> **Work task**
Among the lines below, a stretch begins at the one with "Safe-parse_body_block = search" and ends at the one with "Safe-in_new_frame idx line". Repeat that stretch exactly, ends included.

[Saved data entries]
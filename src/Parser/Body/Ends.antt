-- ===== src/Parser/Body/Ends.antt =====
-- The parser of function bodies ends, if the parser of blocks does.
use lua2wasm.Prelude.{
  All, All-append, Bool-cases, inl, inr, ltb, ◌++◌, ℕ, zero, suc, ◌+◌, ◌≤◌, Bytes, length, List, [],
  ◌∷◌, Bool, refl, arith, Option, some, if◌then◌else◌,
}
use lua2wasm.Lexer.Token.{TokKind}
use lua2wasm.Lexer.Scan.{Token}
use lua2wasm.Parser.Ast.{Block, LuaFunc}
use lua2wasm.Parser.State.{branch, beyond_marks, Parser, Action, gets, modify, pure, ◌>>=◌}
use lua2wasm.Parser.Scope.{FuncFrame, frame_init, frame_mark_last_const}
use lua2wasm.Parser.Fits.{
  length-take_exact, FuncFits, Follows, Follows-frame, frame_declare-Fits, set_last_attrib-Fits,
  frame_rewind-Fits, frame_init-Fits, AllFit, FrameFits,
}
use lua2wasm.Parser.Safe.{Moves, Safe-modify, Safe-bind, Ended, Safe, SafeAt, safe_rules}
use lua2wasm.Parser.Markers.{NotEof, kinds_NotEof}
use lua2wasm.Parser.Rules.{Safe-give_up, Safe-if_match}
use lua2wasm.Parser.Body.{
  put_func, func_new, pop_frame, below, push_frame, leave_frame, declare, mark_last_const,
  scope_rewind, parse_vararg, parse_params, parse_param_list, finish_func, store_func,
  parse_body_block, in_new_frame, parse_function_body_ex,
}

module _ {F : Type 0} {toks : List (Token F)} {lo : ℕ} where
  pub Safe-declare : (name : Bytes) → Safe toks lo (declare name)
  unfolding declare gets modify pure ◌>>=◌
  Safe-declare name = record {
    at = λ p h k.
        (omega arith, k, Follows-frame (frame_declare-Fits p.frame name) refl refl refl refl);
  }

  pub Safe-mark_last_const : Safe toks lo mark_last_const
  unfolding mark_last_const frame_mark_last_const
  Safe-mark_last_const =
      Safe-modify _ (λ p. refl)
        (λ p. Follows-frame (set_last_attrib-Fits p.frame 1) refl refl refl refl)

  pub Safe-scope_rewind : (mark : ℕ) → Safe toks lo (scope_rewind mark)
  unfolding scope_rewind
  Safe-scope_rewind mark =
      Safe-modify _ (λ p. refl)
        (λ p. Follows-frame (frame_rewind-Fits p.frame mark) refl refl refl refl)

  module _ (ended : Ended toks) where
    SafeAt-parse_vararg : (t : Token F) → NotEof t.kind → SafeAt toks t lo (parse_vararg toks)
    unfolding parse_vararg
    SafeAt-parse_vararg t ne =
        search (safe_rules, kinds_NotEof, Safe-declare, Safe-mark_last_const) depth 30

put_func-Fits :
    {F : Type 0} (fs : List (LuaFunc F)) (i : ℕ) (fn : LuaFunc F)
    → FuncFits fn
    → All FuncFits fs
    → All FuncFits (put_func fs i fn)
unfolding put_func
put_func-Fits [] i fn h hs = hs
put_func-Fits (g ∷ gs) zero fn h hs = (h, hs.1)
put_func-Fits (g ∷ gs) (suc i) fn h hs = (hs.0, put_func-Fits gs i fn h hs.1)

-- A frame is pushed, and popped.
push-Follows :
    {F : Type 0} (idx : ℕ) (p : Parser F)
    → Follows p (record p { cur_fn = some idx; frame = frame_init; outer = p.frame ∷ p.outer })
push-Follows idx p = record {
  fits = λ h. (frame_init-Fits, (h.0, h.1), h.2, h.3);
  keeps = λ e h. h;
}

pop_frame-Fits :
    (f : FuncFrame) (outer : List FuncFrame)
    → FrameFits f
    → AllFit outer
    → FrameFits (pop_frame outer f) × AllFit (below outer)
pop_frame-Fits f [] h o = (h, tt)
pop_frame-Fits f (g ∷ gs) h o = o

pop-Follows :
    {F : Type 0} (prev : Option ℕ) (p : Parser F)
    → Follows p
        (record p { frame = pop_frame p.outer p.frame; outer = below p.outer; cur_fn = prev })
pop-Follows prev p = record {
  fits = λ h. let (f, o) = pop_frame-Fits p.frame p.outer h.0 h.1 in (f, o, h.2, h.3);
  keeps = λ e h. h;
}

module _ {F : Type 0} {toks : List (Token F)} {lo : ℕ} where
  Safe-push_frame : (idx : ℕ) → Safe toks lo (push_frame idx)
  unfolding push_frame
  Safe-push_frame idx = Safe-modify _ (λ p. refl) (push-Follows idx)

  Safe-store_func :
      (idx : ℕ) (parent : Option ℕ) (line n_params : ℕ) (body : Block F)
      → Safe toks lo (store_func toks idx parent line n_params body)
  unfolding store_func finish_func gets modify branch beyond_marks ◌>>=◌
  Safe-store_func idx parent line n_params body = record {
    at = λ p h k. elim (Bool-cases (ltb (length p.frame.captured) p.frame.next_slot)) [
      | inl e ↦ rw (e, Moves) (λ f. inl (let marks = f.0.2 in ground arith))
      | inr e ↦
          rw (e, Moves)
            (
              omega arith,
              k,
              record {
                fits = λ f. (
                  f.0,
                  f.1,
                  f.2,
                  let (l, u, c, s) = f.0 in
                      let n = length-take_exact p.frame.next_slot p.frame.captured (ground arith) in
                      put_func-Fits p.funcs idx _ (u, n, ground arith) f.3,
                );
                keeps = λ e g. g;
              },
            )
    ];
  }

  Safe-add_func :
      (count : ℕ) (parent : Option ℕ) (line : ℕ)
      → Safe toks lo
          (modify (λ p. record p { funcs = p.funcs ++ func_new toks count parent line ∷ [] }))
  Safe-add_func count parent line =
      Safe-modify _ (λ p. refl)
        (λ p. record {
          fits = λ f. (
            f.0,
            f.1,
            f.2,
            All-append FuncFits p.funcs _ f.3 ((omega arith, refl, omega arith), tt),
          );
          keeps = λ e g. g;
        })

  Safe-leave_frame : (prev : Option ℕ) → Safe toks lo (leave_frame prev)
  unfolding leave_frame
  Safe-leave_frame prev = Safe-modify _ (λ p. refl) (pop-Follows prev)

module _ {F : Type 0} {toks : List (Token F)} (ended : Ended toks) where
  params_step :
      (lo fuel n : ℕ)
      → Safe toks (suc lo) (parse_params toks fuel (n + 1))
      → Safe toks lo (parse_params toks (suc fuel) n)
  unfolding parse_params
  params_step lo fuel n rest =
      search (Safe-if_match, safe_rules, kinds_NotEof, SafeAt-parse_vararg, Safe-declare) depth 30

  Safe-params_loop :
      (lo fuel n : ℕ) → length toks ≤ lo + fuel → Safe toks lo (parse_params toks fuel n)
  unfolding parse_params
  Safe-params_loop lo zero n e = Safe-give_up (omega arith)
  Safe-params_loop lo (suc fuel) n e =
      params_step lo fuel n (Safe-params_loop (suc lo) fuel (n + 1) (omega arith))

  Safe-parse_params : (lo n : ℕ) → Safe toks lo (parse_params toks (length toks + 1) n)
  Safe-parse_params lo n = Safe-params_loop lo (length toks + 1) n (omega arith)

  Safe-parse_param_list : (lo n : ℕ) → Safe toks lo (parse_param_list toks n)
  unfolding parse_param_list
  Safe-parse_param_list lo n = search (Safe-parse_params, safe_rules, kinds_NotEof) depth 30

  module _ {lo : ℕ} (parse_block : List TokKind → Action F (Block F))
      (blk : (stops : List TokKind) → Safe toks lo (parse_block stops)) where
    Safe-parse_body_block : Safe toks lo (parse_body_block toks parse_block)
    unfolding parse_body_block
    Safe-parse_body_block = search (blk, safe_rules, kinds_NotEof) depth 30

    Safe-in_new_frame :
        (idx line : ℕ) (with_self : Bool) (prev_fn : Option ℕ)
        → Safe toks lo (in_new_frame toks parse_block idx line with_self prev_fn)
    unfolding in_new_frame
    Safe-in_new_frame idx line with_self prev_fn = Safe-bind _ _ (Safe-push_frame idx) (λ _.
        Safe-bind _ _ (search (Safe-declare, safe_rules) depth 20) (λ _.
          Safe-bind _ _ (search (safe_rules, kinds_NotEof) depth 20) (λ _.
            Safe-bind _ _ (Safe-parse_param_list lo (if with_self then 1 else 0)) (λ n.
              Safe-bind _ _ (search (safe_rules, kinds_NotEof) depth 20) (λ _.
                Safe-bind _ _ Safe-parse_body_block
                  (λ body. search (Safe-store_func, Safe-leave_frame, safe_rules) depth 20))))))

    pub Safe-parse_function_body_ex :
        (line : ℕ) (with_self : Bool)
        → Safe toks lo (parse_function_body_ex toks parse_block line with_self)
    unfolding parse_function_body_ex
    Safe-parse_function_body_ex line with_self =
        search (Safe-in_new_frame, Safe-add_func, safe_rules) depth 30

> **Answer for the task**
    Safe-parse_body_block = search (blk, safe_rules, kinds_NotEof) depth 30

    Safe-in_new_frame :
        (idx line : ℕ) (with_self : Bool) (prev_fn : Option ℕ)
        → Safe toks lo (in_new_frame toks parse_block idx line with_self prev_fn)
    unfolding in_new_frame
    Safe-in_new_frame idx line with_self prev_fn = Safe-bind _ _ (Safe-push_frame idx) (λ _.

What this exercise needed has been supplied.